BK is the 7th largest asset manager in the world with $1.4 trillion AUM. These assets are invested in relatively simple products that don’t rely on a group of stars to generate results. In 2012, asset management generated $3.5 billion in fees (not including net interest revenue) and $900M in EBIT (again, not including NIR).
This segment generated $56 billion in long-term flows during 2012 with only 33% of assets exposed to the equity markets. Not including money market funds, BK has generated positive asset flows in every quarter for the past two years. We think this is an excellent business with the scale and scope to compete around the globe for institutional asset management mandates.
Net Interest Revenue:
BK was considered the safest “bank” in the United States in 2012 (best CCAR capital ratios), so they have the enviable position of generating significant deposit flows. In 2010, BK deposits grew 9.5% to $143 billion while interest earning assets grew 9.1% to $270 billion. However, net interest margin shrank from 1.27% to 1.02%. Nearly a quarter of BK assets are held at either the Federal Reserve or other central banks. During this past year, the ECB stopped paying interest in deposits which dramatically hurt BK’s NIR. Aside from central bank deposits, BK has large amounts of assets on deposit with foreign banks and they own a significant amount of US Treasury obligations. This is important because unlike most every other bank, BK has very little credit risk.

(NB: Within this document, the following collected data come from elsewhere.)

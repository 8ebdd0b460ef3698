-- ===== src/Examples/Tally.antt =====
-- Texts of decimals that can be read back: the sign, a tick for each unit of the coefficient, a
-- point, and a tick for each digit after it.
use Prim.Native.Char.{Char, code}
use crypto_ai_trader.Base.{
  ℕ, zero, suc, ◌≡◌, refl, ap, String, Bool, ◌==◌, if◌then◌else◌, Result, ok, err,
  invalid_operation,
}
use crypto_ai_trader.Base.Int.{ℤ, pos, negsuc}
use crypto_ai_trader.Decimal.{Decimal}

abbrev ticks : ℕ → String → String
ticks zero tail = tail
ticks (suc n) tail = String.◌∷◌ "1" (ticks n tail)

abbrev digits_of : ℕ → ℕ → String
digits_of n s = ticks n (String.◌∷◌ "." (ticks s String.[]))

abbrev signed_text : ℤ → ℕ → String
signed_text (pos n) s = String.◌∷◌ "+" (digits_of n s)
signed_text (negsuc n) s = String.◌∷◌ "-" (digits_of n s)

abbrev pub tally : Decimal → String
tally d = signed_text d.coef d.scale

abbrev is_tick : Char → Bool
is_tick c = code c == b'1'

-- The number of ticks in front.
unfoldable count_ticks : String → ℕ
count_ticks String.[] = 0
count_ticks (String.◌∷◌ c rest) = let n = count_ticks rest in if is_tick c then suc n else 0

-- What follows the first letter that is no tick.
unfoldable after_ticks : String → String
after_ticks String.[] = String.[]
after_ticks (String.◌∷◌ c rest) = let left = after_ticks rest in if is_tick c then left else rest

abbrev of_sign : Char → ℕ → ℤ
of_sign c n = if code c == b'+' then pos n else negsuc n

unfoldable pub read_tally : String → Result Decimal
unfolding count_ticks after_ticks
read_tally String.[] = err invalid_operation
read_tally (String.◌∷◌ c rest) =
    ok record { coef = of_sign c (count_ticks rest); scale = count_ticks (after_ticks rest) }

count_ticks-ticks : (n : ℕ) (tail : String) → count_ticks tail ≡ 0 → count_ticks (ticks n tail) ≡ n
unfolding count_ticks
count_ticks-ticks zero tail e = e
count_ticks-ticks (suc n) tail e = ap suc (count_ticks-ticks n tail e)

after_ticks-digits : (n s : ℕ) → after_ticks (digits_of n s) ≡ ticks s String.[]
unfolding after_ticks
after_ticks-digits zero s = refl
after_ticks-digits (suc n) s = after_ticks-digits n s

coefficient_read : (n s : ℕ) → count_ticks (digits_of n s) ≡ n
unfolding count_ticks
coefficient_read n s = count_ticks-ticks n (String.◌∷◌ "." (ticks s String.[])) refl

scale_read : (n s : ℕ) → count_ticks (after_ticks (digits_of n s)) ≡ s
unfolding count_ticks
scale_read n s = rw (after_ticks-digits n s) (count_ticks-ticks s String.[] refl)

signed_text_read :
    (c : ℤ) (s : ℕ) → read_tally (signed_text c s) ≡ ok (record { coef = c; scale = s })
unfolding read_tally
signed_text_read (pos n) s = rw (coefficient_read n s, scale_read n s) refl
signed_text_read (negsuc n) s = rw (coefficient_read n s, scale_read n s) refl

pub read_tally-tally : (d : Decimal) → read_tally (tally d) ≡ ok d
read_tally-tally d = signed_text_read d.coef d.scale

The downside of this asset strategy is a very compressed net interest margin in the current rate environment. We think that an important element to “normalized” earnings is simply a return to NIM spreads that have historically held (though we’ll show later that simply returning to early 2011 levels boosts earnings quite nicely). It is important to note that despite an ever-falling NIM, BK has done well to take gains across their short term bond portfolios to maintain duration. There is such high demand for short term paper with yield that BK has worked down their portfolio taking gains and reinvesting in slightly longer paper to maintain a 2-year duration. So, NIM falls but gains partially offset the drop.

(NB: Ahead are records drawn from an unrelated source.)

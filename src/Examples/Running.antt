-- ===== src/Examples/Running.antt =====
-- Iterations of the runner for an account that has lost half of its position's value.
use mathlib.Core.List.{Memᴰ}
use crypto_ai_trader.Base.{
  ℕ, ◌≡◌, ◌≢◌, ◌+◌, ◌*◌, ◌≤◌, refl, arith, String, List, [], ◌∷◌, map, All, length, Option, none,
  some, true, false, Result, ok, err, str_eq, if◌then◌else◌,
}
use crypto_ai_trader.Decimal.{Decimal, dec, nought, le, lt}
use crypto_ai_trader.Strategies.Base.{Time}
use crypto_ai_trader.Strategies.Exits.{
  ExitSignal, ExitEngine, Holding, hard_stop, time_exit, hour, evaluate,
}
use crypto_ai_trader.MarketData.Schemas.{CandleData}
use crypto_ai_trader.Risk.Profiles.{small_balanced}
use crypto_ai_trader.Risk.State.{DailyLossDecision, normal, classify_daily_loss}
use crypto_ai_trader.Portfolio.Accounting.{Position}
use crypto_ai_trader.Runtime.PaperCycle.{CycleInput}
use crypto_ai_trader.Runtime.Runner.Baseline.{get_or_create_day_baseline, after_calls}
use crypto_ai_trader.Runtime.Runner.Baseline.Stable.{get_or_create_day_baseline_stable}
use crypto_ai_trader.Runtime.Runner.Inputs.{Tables, build_cycle_inputs}
use crypto_ai_trader.Runtime.Runner.Inputs.Consistent.{
  IsConsistent, build_cycle_inputs-IsConsistent,
}
use crypto_ai_trader.Runtime.Runner.Inputs.Pinned.{build_cycle_inputs-pinned}
use crypto_ai_trader.Runtime.Runner.Inputs.Unstopped.{build_cycle_inputs-unstopped}
use crypto_ai_trader.Runtime.Runner.Once.{
  RunnerEvent, runner_stopped, SymbolResult, RunnerState, Surroundings, RunOptions,
  default_exit_engine, run_once, loop_started, record_event,
}
use crypto_ai_trader.Runtime.Runner.Once.Contained.{IsIteration, run_once-IsIteration}
use crypto_ai_trader.Runtime.Runner.Loop.{run_loop}
use crypto_ai_trader.Runtime.Runner.Loop.Bounded.{IsDone, run_loop_ends}
use crypto_ai_trader.Examples.Data.{returned, first_buy, executor}
use crypto_ai_trader.Examples.Tally.{tally, read_tally, read_tally-tally}
use crypto_ai_trader.Examples.Cycle.{setup, empty_state, flat}

abbrev noon : Time
noon = 1020 * hour

abbrev day_calls : List (Time × Decimal)
day_calls = (1021 * hour, dec 480 0) ∷ (1022 * hour, dec 450 0) ∷ []

get_or_create_day_baseline_stable_example :
    get_or_create_day_baseline tally read_tally (1023 * hour) (dec 400 0) (
      after_calls tally read_tally day_calls
        (get_or_create_day_baseline tally read_tally noon (dec 500 0) []).0)
    ≡ ((get_or_create_day_baseline tally read_tally noon (dec 500 0) []).0, ok (dec 500 0))
unfolding get_or_create_day_baseline crypto_ai_trader.Decimal.max_of le
get_or_create_day_baseline_stable_example =
    get_or_create_day_baseline_stable tally read_tally read_tally-tally noon (dec 500 0) []
      (dec 500 0) day_calls (1023 * hour) (dec 400 0) refl (refl, (refl, tt)) refl

abbrev fallen : CandleData
fallen = record {
  symbol = "BTCUSDT";
  timeframe = "15m";
  open_time = noon;
  close_time = noon;
  open_price = dec 55 0;
  high = dec 55 0;
  low = dec 50 0;
  close = dec 50 0;
  volume = dec 10 0;
  source = "binance";
}

abbrev latest : String → Option CandleData
latest symbol = if str_eq symbol "BTCUSDT" then some fallen else none

-- Two bitcoins were bought at 100, and the price is 50.
abbrev tables : Tables
tables = record {
  fills = first_buy ∷ [];
  orders = record { symbol = "BTCUSDT"; created_at = 1000 * hour } ∷ [];
  latest = latest;
  keeps_zones = true;
}

abbrev symbols : List String
symbols = "BTCUSDT" ∷ "ETHUSDT" ∷ []

abbrev built : Result (List CycleInput)
built = (build_cycle_inputs tally read_tally tables symbols noon (dec 500 0) []).1

abbrev inputs : List CycleInput
inputs = returned built []

build_cycle_inputs-built : built ≡ ok inputs
unfolding build_cycle_inputs crypto_ai_trader.Portfolio.Accounting.apply_fill
    crypto_ai_trader.Portfolio.Accounting.apply_buy_fill
    crypto_ai_trader.Portfolio.Accounting.open_or_grow crypto_ai_trader.Base.Dict.lookup
    crypto_ai_trader.Portfolio.Accounting.position_is_valid le crypto_ai_trader.Decimal.max_of
    crypto_ai_trader.Decimal.add crypto_ai_trader.Decimal.sub crypto_ai_trader.Decimal.mul
    crypto_ai_trader.Base.Dict.insert crypto_ai_trader.Decimal.div
build_cycle_inputs-built = refl

build_cycle_inputs-IsConsistent_example :
    (map (λ i. i.symbol) inputs ≡ symbols) × All (IsConsistent (dec 500 0) noon) inputs
build_cycle_inputs-IsConsistent_example =
    build_cycle_inputs-IsConsistent tally read_tally tables symbols noon (dec 500 0) []
      build_cycle_inputs-built

-- The account is worth 400 in truth, and its input says 500.
equity_pinned : map (λ i. i.account_equity) inputs ≡ dec 500 0 ∷ dec 500 0 ∷ []
unfolding build_cycle_inputs crypto_ai_trader.Portfolio.Accounting.apply_fill
    crypto_ai_trader.Portfolio.Accounting.apply_buy_fill
    crypto_ai_trader.Portfolio.Accounting.open_or_grow crypto_ai_trader.Base.Dict.lookup
    crypto_ai_trader.Portfolio.Accounting.position_is_valid le crypto_ai_trader.Decimal.max_of
    crypto_ai_trader.Decimal.add crypto_ai_trader.Decimal.sub crypto_ai_trader.Decimal.mul
    crypto_ai_trader.Base.Dict.insert crypto_ai_trader.Decimal.div
equity_pinned = refl

abbrev first_result : List CycleInput → Option CycleInput
first_result [] = none
first_result (i ∷ is) = some i

abbrev or_flat : Option CycleInput → CycleInput
or_flat none = flat
or_flat (some i) = i

abbrev first : CycleInput
first = or_flat (first_result inputs)

first_found : Memᴰ first inputs
unfolding build_cycle_inputs crypto_ai_trader.Portfolio.Accounting.apply_fill
    crypto_ai_trader.Portfolio.Accounting.apply_buy_fill
    crypto_ai_trader.Portfolio.Accounting.open_or_grow crypto_ai_trader.Base.Dict.lookup
    crypto_ai_trader.Portfolio.Accounting.position_is_valid le crypto_ai_trader.Decimal.max_of
    crypto_ai_trader.Decimal.add crypto_ai_trader.Decimal.sub crypto_ai_trader.Decimal.mul
    crypto_ai_trader.Base.Dict.insert crypto_ai_trader.Decimal.div
first_found = Memᴰ.head refl

build_cycle_inputs-pinned_example :
    (d : DailyLossDecision) × (classify_daily_loss first.day_start_equity first.account_equity
        small_balanced
      ≡ ok d)
    × (d.risk_state ≡ normal)
unfolding le build_cycle_inputs crypto_ai_trader.Portfolio.Accounting.apply_fill
    crypto_ai_trader.Portfolio.Accounting.apply_buy_fill
    crypto_ai_trader.Portfolio.Accounting.open_or_grow crypto_ai_trader.Base.Dict.lookup
    crypto_ai_trader.Portfolio.Accounting.position_is_valid crypto_ai_trader.Decimal.max_of
    crypto_ai_trader.Decimal.add crypto_ai_trader.Decimal.sub crypto_ai_trader.Decimal.mul
    crypto_ai_trader.Base.Dict.insert crypto_ai_trader.Decimal.div
build_cycle_inputs-pinned_example =
    build_cycle_inputs-pinned tally read_tally tables symbols noon (dec 500 0) [] small_balanced
      build_cycle_inputs-built first_found refl refl refl (refl, refl)

abbrev position : Position
position = record {
  symbol = "BTCUSDT";
  qty = dec 2 0;
  avg_entry_price = dec 100 0;
  fees_paid_usdt = dec 2 1;
  opened_at = some (1000 * hour);
  stop_reference = none;
}

position_held : first.current_position ≡ some position
unfolding build_cycle_inputs crypto_ai_trader.Portfolio.Accounting.apply_fill
    crypto_ai_trader.Portfolio.Accounting.apply_buy_fill
    crypto_ai_trader.Portfolio.Accounting.open_or_grow crypto_ai_trader.Base.Dict.lookup
    crypto_ai_trader.Portfolio.Accounting.position_is_valid le crypto_ai_trader.Decimal.max_of
    crypto_ai_trader.Decimal.add crypto_ai_trader.Decimal.sub crypto_ai_trader.Decimal.mul
    crypto_ai_trader.Base.Dict.insert crypto_ai_trader.Decimal.div
position_held = refl

-- The position is older than a day.
abbrev holding : Holding
holding = record {
  symbol = "BTCUSDT";
  position_qty = dec 2 0;
  position_avg_entry = dec 100 0;
  market_price = dec 50 0;
  current_time = 1025 * hour;
  position_opened_at = some (1000 * hour);
}

abbrev overdue : ExitSignal
overdue = record {
  symbol = "BTCUSDT";
  reason = time_exit;
  exit_price = dec 50 0;
  qty_to_exit = dec 2 0;
  created_at = 1025 * hour;
  confidence = dec 8 1;
}

overdue_signalled : evaluate default_exit_engine position.stop_reference holding ≡ ok (some overdue)
unfolding evaluate crypto_ai_trader.Strategies.Exits.profit_rules le crypto_ai_trader.Decimal.div
    crypto_ai_trader.Strategies.Exits.first_signal crypto_ai_trader.Strategies.Exits.evaluate_rule
    crypto_ai_trader.Decimal.mul crypto_ai_trader.Decimal.add
overdue_signalled = refl

build_cycle_inputs-unstopped_example : overdue.reason ≢ hard_stop
build_cycle_inputs-unstopped_example =
    build_cycle_inputs-unstopped tally read_tally tables symbols noon (dec 500 0) [] holding
      build_cycle_inputs-built first_found position_held overdue_signalled

abbrev surroundings : Surroundings
surroundings = record {
  text_of = tally;
  decimal_of = read_tally;
  latest = latest;
  keeps_zones = true;
  setup_of = λ s i. setup;
  dedup_window = 300_000_000;
}

abbrev options : RunOptions
options = record {
  symbols = symbols;
  initial_cash_usdt = dec 500 0;
  executor = executor;
  min_notional = dec 10 0;
}

abbrev idle : RunnerState
idle = record { cycle = empty_state; baselines = []; events = []; entries = []; notified = [] }

abbrev after : RunnerState
after = (run_once surroundings options noon idle).0

abbrev results : List SymbolResult
results = returned (run_once surroundings options noon idle).1 []

results_returned : (run_once surroundings options noon idle).1 ≡ ok results
unfolding run_once build_cycle_inputs le crypto_ai_trader.Decimal.max_of
    crypto_ai_trader.Decimal.add crypto_ai_trader.Decimal.div
results_returned = refl

run_once-IsIteration_example :
    IsIteration surroundings options noon options.symbols
      (record_event loop_started idle)
      (run_once surroundings options noon idle).0
      results
run_once-IsIteration_example = run_once-IsIteration surroundings options noon idle results_returned

run_loop_ends_example :
    (z : RunnerState) × (n : ℕ) × (run_loop surroundings options
        (λ k. noon + k)
        (λ k. false)
        (λ k. false)
        (3 + 1)
        300
        (some 3)
        idle
      ≡ ok (some (z, n)))
    × (n ≤ 3)
    × IsDone surroundings options (λ k. noon + k) (λ k. false) (λ k. false) 3 n
    × ((before : List RunnerEvent) × (z.events ≡ runner_stopped n ∷ before))
run_loop_ends_example =
    run_loop_ends surroundings options (λ k. noon + k) (λ k. false) (λ k. false) 3 300 idle
      (omega arith)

The goal of the company is to pay out 65% of their earnings in the form of dividends and share repurchases. During the past several quarters, they have bought stock with about 40% of their earnings and paid dividends that amounted to about 25% of their earnings. As a result the diluted share count fell 3.8% in 2012 (below we assume 1% annual declines over the next 3 years).

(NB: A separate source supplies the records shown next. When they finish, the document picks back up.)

-- ===== src/Runtime/Supervisor/Interrupts.antt =====
-- The KeyboardInterrupts of `run_supervisor` that its `try` does not catch.
use crypto_ai_trader.Base.{
  ◌≡◌, ◌↔◌, refl, ◌∙◌, ap, sym, arith, Bool, true, false, ◌||◌, not, Option, none, some, List, [],
  ◌∷◌,
}
use crypto_ai_trader.Runtime.Supervisor.{ingestion, trading, Failure, Settings}
use crypto_ai_trader.Runtime.Supervisor.System.{
  Phase, waiting, handling, finishing, broken, System, Action, turn, check, interrupt, leaves_if,
  interrupt_at, step, run, raise_errors, conclude_as, conclude, returns,
}

abbrev pub is_waiting : Phase → Bool
is_waiting waiting = true
is_waiting _ = false

abbrev pub is_broken : Phase → Bool
is_broken broken = true
is_broken _ = false

-- Whether an interrupt comes while the main thread is not in its waiting loop.
unfoldable pub uncaught : Settings → List Action → System → Bool
unfolding step
uncaught settings [] y = false
uncaught settings (turn c now outcome ∷ rest) y =
    uncaught settings rest (step settings (turn c now outcome) y)
uncaught settings (check ∷ rest) y = uncaught settings rest (step settings check y)
uncaught settings (interrupt ∷ rest) y =
    not (is_waiting y.phase) || uncaught settings rest (step settings interrupt y)

leaves_if-is_broken :
    (leaves : Bool) (phase : Phase) → is_broken (leaves_if leaves phase) ≡ is_broken phase
leaves_if-is_broken true waiting = refl
leaves_if-is_broken true handling = refl
leaves_if-is_broken true finishing = refl
leaves_if-is_broken true broken = refl
leaves_if-is_broken false phase = refl

interrupt_at-is_broken :
    (phase : Phase) (y : System)
    → y.phase ≡ phase
    → (later : Bool)
    → (is_broken (interrupt_at phase y).phase || later)
      ≡ (is_broken phase || (not (is_waiting phase) || later))
interrupt_at-is_broken waiting y e later = refl
interrupt_at-is_broken handling y e later = refl
interrupt_at-is_broken finishing y e later = refl
interrupt_at-is_broken broken y e later = ap (λ phase. is_broken phase || later) e

pub run-is_broken :
    (settings : Settings) (actions : List Action) (y : System)
    → is_broken (run settings actions y).phase ≡ (is_broken y.phase || uncaught settings actions y)
unfolding run step uncaught
run-is_broken settings [] y = ground arith
run-is_broken settings (turn ingestion now outcome ∷ rest) y =
    run-is_broken settings rest (step settings (turn ingestion now outcome) y)
run-is_broken settings (turn trading now outcome ∷ rest) y =
    run-is_broken settings rest (step settings (turn trading now outcome) y)
run-is_broken settings (check ∷ rest) y =
    run-is_broken settings rest (step settings check y)
    ∙ ap (λ b. b || uncaught settings rest (step settings check y)) (leaves_if-is_broken _ y.phase)
run-is_broken settings (interrupt ∷ rest) y =
    run-is_broken settings rest (step settings interrupt y)
    ∙ interrupt_at-is_broken y.phase y refl (uncaught settings rest (step settings interrupt y))

raise_errors-phase : (i t : Option Failure) (y : System) → (raise_errors i t y).0.phase ≡ y.phase
raise_errors-phase none none y = refl
raise_errors-phase (some f) none y = refl
raise_errors-phase none (some f) y = refl
raise_errors-phase (some f) (some g) y = refl

conclude_as-phase : (phase : Phase) (y : System) → (conclude_as phase y).0.phase ≡ y.phase
conclude_as-phase waiting y = raise_errors-phase y.ingest.error y.trade.error y
conclude_as-phase handling y = refl
conclude_as-phase finishing y = raise_errors-phase y.ingest.error y.trade.error y
conclude_as-phase broken y = refl

broken_iff : (phase : Phase) → (phase ≡ broken) ↔ (is_broken phase ≡ true)
broken_iff waiting = (λ e. ap is_broken e, λ e. absurd (ground arith))
broken_iff handling = (λ e. ap is_broken e, λ e. absurd (ground arith))
broken_iff finishing = (λ e. ap is_broken e, λ e. absurd (ground arith))
broken_iff broken = (λ e. refl, λ e. refl)

-- Behind the end the phase is broken exactly if an interrupt was not caught.
pub conclude-broken_iff :
    (settings : Settings) (actions : List Action) (y : System)
    → is_broken y.phase ≡ false
    → ((conclude (run settings actions y)).0.phase ≡ broken) ↔ (uncaught settings actions y ≡ true)
unfolding conclude
conclude-broken_iff settings actions y whole =
    let z = run settings actions y in
    let kept = conclude_as-phase z.phase z in
    let told =
      run-is_broken settings actions y ∙ ap (λ b. b || uncaught settings actions y) whole in
    (λ e. sym told ∙ ap is_broken (sym kept ∙ e), λ e. kept ∙ (broken_iff z.phase).1 (told ∙ e))

abbrev is_handling : Phase → Bool
is_handling handling = true
is_handling _ = false

-- Whether an interrupt comes at all.
unfoldable pub interrupted : List Action → Bool
interrupted [] = false
interrupted (turn c now outcome ∷ rest) = interrupted rest
interrupted (check ∷ rest) = interrupted rest
interrupted (interrupt ∷ rest) = true

leaves_if-is_handling :
    (leaves : Bool) (phase : Phase)
    → is_handling phase ≡ true
    → is_handling (leaves_if leaves phase) ≡ true
leaves_if-is_handling leaves waiting e = absurd (ground arith)
leaves_if-is_handling true handling e = refl
leaves_if-is_handling false handling e = refl
leaves_if-is_handling leaves finishing e = absurd (ground arith)
leaves_if-is_handling leaves broken e = absurd (ground arith)

calm-is_handling :
    (phase : Phase) (later : Bool)
    → is_handling phase ≡ true
    → (not (is_waiting phase) || later) ≡ false
    → ⊥
calm-is_handling waiting later e calm = ground arith
calm-is_handling handling later e calm = ground arith
calm-is_handling finishing later e calm = ground arith
calm-is_handling broken later e calm = ground arith

-- An interrupt that is handled stays so until another one comes.
run-is_handling :
    (settings : Settings) (actions : List Action) (y : System)
    → is_handling y.phase ≡ true
    → uncaught settings actions y ≡ false
    → is_handling (run settings actions y).phase ≡ true
unfolding run step uncaught
run-is_handling settings [] y e none_left = e
run-is_handling settings (turn ingestion now outcome ∷ rest) y e none_left =
    run-is_handling settings rest (step settings (turn ingestion now outcome) y) e none_left
run-is_handling settings (turn trading now outcome ∷ rest) y e none_left =
    run-is_handling settings rest (step settings (turn trading now outcome) y) e none_left
run-is_handling settings (check ∷ rest) y e none_left =
    run-is_handling settings rest (step settings check y) (leaves_if-is_handling _ y.phase e)
      none_left
run-is_handling settings (interrupt ∷ rest) y e none_left =
    absurd (calm-is_handling y.phase _ e none_left)

caught-is_handling :
    (phase : Phase) (y : System) (later : Bool)
    → (not (is_waiting phase) || later) ≡ false
    → (is_handling (interrupt_at phase y).phase ≡ true) × (later ≡ false)
caught-is_handling waiting y later e = (refl, e)
caught-is_handling handling y later e = absurd (ground arith)
caught-is_handling finishing y later e = absurd (ground arith)
caught-is_handling broken y later e = absurd (ground arith)

-- If interrupts come and each is caught, the run ends in the handler.
run-caught :
    (settings : Settings) (actions : List Action) (y : System)
    → interrupted actions ≡ true
    → uncaught settings actions y ≡ false
    → is_handling (run settings actions y).phase ≡ true
unfolding run step uncaught interrupted
run-caught settings [] y e none_left = absurd (ground arith)
run-caught settings (turn ingestion now outcome ∷ rest) y e none_left =
    run-caught settings rest (step settings (turn ingestion now outcome) y) e none_left
run-caught settings (turn trading now outcome ∷ rest) y e none_left =
    run-caught settings rest (step settings (turn trading now outcome) y) e none_left
run-caught settings (check ∷ rest) y e none_left =
    run-caught settings rest (step settings check y) e none_left
run-caught settings (interrupt ∷ rest) y e none_left =
    let (held, later) = caught-is_handling y.phase y _ none_left in
    run-is_handling settings rest (step settings interrupt y) held later

handling-returns :
    (phase : Phase) (y : System) → is_handling phase ≡ true → (conclude_as phase y).1 ≡ returns
handling-returns waiting y e = absurd (ground arith)
handling-returns handling y e = refl
handling-returns finishing y e = absurd (ground arith)
handling-returns broken y e = absurd (ground arith)

pub conclude-caught :
    (settings : Settings) (actions : List Action) (y : System)
    → interrupted actions ≡ true
    → uncaught settings actions y ≡ false
    → (conclude (run settings actions y)).1 ≡ returns
unfolding conclude
conclude-caught settings actions y e none_left =
    handling-returns _ (run settings actions y) (run-caught settings actions y e none_left)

We look at future earnings by simply taking the current earnings run rate and adjusting for a more normal interest rate environment with very conservative assumptions. These are our 2015 estimates --
Current Run-Rate Earnings per Share (non-GAAP) $2.58
Normal NIR – take NIM back to 1.5% from 1.02%, 1% B/S growth, tax 0.58
Money market fee waivers (company not charging fees on money market funds) 0.16
Operational Excellence initiatives (we use $150M significantly below BK target) 0.09
Share repurchase (1% annual buybacks) 0.09
Total EPS $3.50
Given the very high returns on tangible capital, and the low risk inherent in this business model we think a 12-14x multiple of “normal” earnings would be appropriate. Thus, the valuation by early 2015 would be $42-$50 compared to a price today of $28.